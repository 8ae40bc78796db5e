-- ===== src/Cluster/Interceptor/Tests.antt =====
-- A node with a certificate, a node that left, and a panic behind the interceptors.
use tokmesh_go.Base.{
  ℕ_discrete, ℕ, ◌≡◌, Bool, true, false, Option, none, some, [], ◌∷◌, arith, refl, ap, ◌∙◌, leb,
  ◌+◌, ◌==◌, if◌then◌else◌,
}
use tokmesh_go.Domain.Str.{Str, str_dec, bytes}
use tokmesh_go.GoMap
use tokmesh_go.GoMap.{GoMap}
use tokmesh_go.Cluster.Interceptor.{
  Certificate, ConnectionState, Times, Outcome, returned, internal, panicked, Handler,
  AuthInterceptor, default_interceptors, recovered, tls_middleware, recovery, auth, authenticate,
  check_peer, verify_certificate, check_node_id, is_allowed, unauthenticated, not_allowed,
}
use tokmesh_go.Cluster.Interceptor.Admission.{IsAdmitted, background, auth-IsAdmitted}

-- a pool is the time from which it vouches for any certificate
abbrev vouches : ℕ → Certificate → ℕ → Bool
vouches pool cert now = leb pool now

abbrev allowed : GoMap Str Bool
allowed = (bytes "n1", true) ∷ (bytes "n2", false) ∷ []

abbrev interceptor : AuthInterceptor ℕ
interceptor = record {
  client_ca_pool = some 5;
  allowed_nodes = some allowed;
  strict_node_id_check = true;
}

abbrev times : Times
times = record { at_verify = 10; at_begin = 11; at_end = 12 }

abbrev certificate : Str → Certificate
certificate name = record { common_name = name; not_before = 11; not_after = 12; is_ca = false }

abbrev peer : Str → Option ConnectionState
peer name = some (record { peer_certificates = certificate name ∷ [] })

-- a handler that counts its calls, and panics at the third
abbrev counting : Handler ℕ ℕ
counting ctx n = (1 + n, if n == 2 then panicked else returned n)

-- a peer that the list does not name is refused, and the state stays
n2-refused :
    ◌≡◌ {A = ℕ × Outcome ℕ}
      (tls_middleware
        (recovery (auth vouches interceptor times counting))
        (peer (bytes "n2"))
        background
        0)
      (0, unauthenticated not_allowed)
unfolding tls_middleware recovery recovered auth authenticate check_peer verify_certificate
    check_node_id is_allowed GoMap.get str_dec ℕ_discrete
n2-refused = refl

-- any peer gets through the default interceptors
stranger_answered :
    ◌≡◌ {A = ℕ × Outcome ℕ}
      (tls_middleware (default_interceptors vouches times counting) none background 0)
      (1, returned 0)
unfolding tls_middleware recovery recovered auth authenticate default_interceptors
stranger_answered = refl

n1-IsAdmitted : IsAdmitted vouches interceptor 5 times (peer (bytes "n1"))
unfolding GoMap.get str_dec ℕ_discrete
n1-IsAdmitted = (
  certificate (bytes "n1"),
  refl,
  (refl, ground arith, ground arith, refl),
  (
    refl,
    λ m strict e.
        let same : m ≡ allowed = cc in ap (λ l. GoMap.get str_dec l (bytes "n1")) same ∙ refl,
  ),
)

auth-IsAdmitted_example :
    ◌≡◌ {A = ℕ × Outcome ℕ}
      (tls_middleware
        (recovery (auth vouches interceptor times counting))
        (peer (bytes "n1"))
        background
        2)
      (3, internal)
unfolding recovered
auth-IsAdmitted_example =
    (auth-IsAdmitted vouches interceptor times counting 5 (peer (bytes "n1")) 2 refl).0
      n1-IsAdmitted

_ _ _ _ _ _ _

▸ **WORK REQUEST**: When a line in the material contains the string "vouches", copy that line.

▸ **SOLUTION FOR THIS TASK**:
-- a pool is the time from which it vouches for any certificate
abbrev vouches : ℕ → Certificate → ℕ → Bool
vouches pool cert now = leb pool now
        (recovery (auth vouches interceptor times counting))
      (tls_middleware (default_interceptors vouches times counting) none background 0)
n1-IsAdmitted : IsAdmitted vouches interceptor 5 times (peer (bytes "n1"))
        (recovery (auth vouches interceptor times counting))
    (auth-IsAdmitted vouches interceptor times counting 5 (peer (bytes "n1")) 2 refl).0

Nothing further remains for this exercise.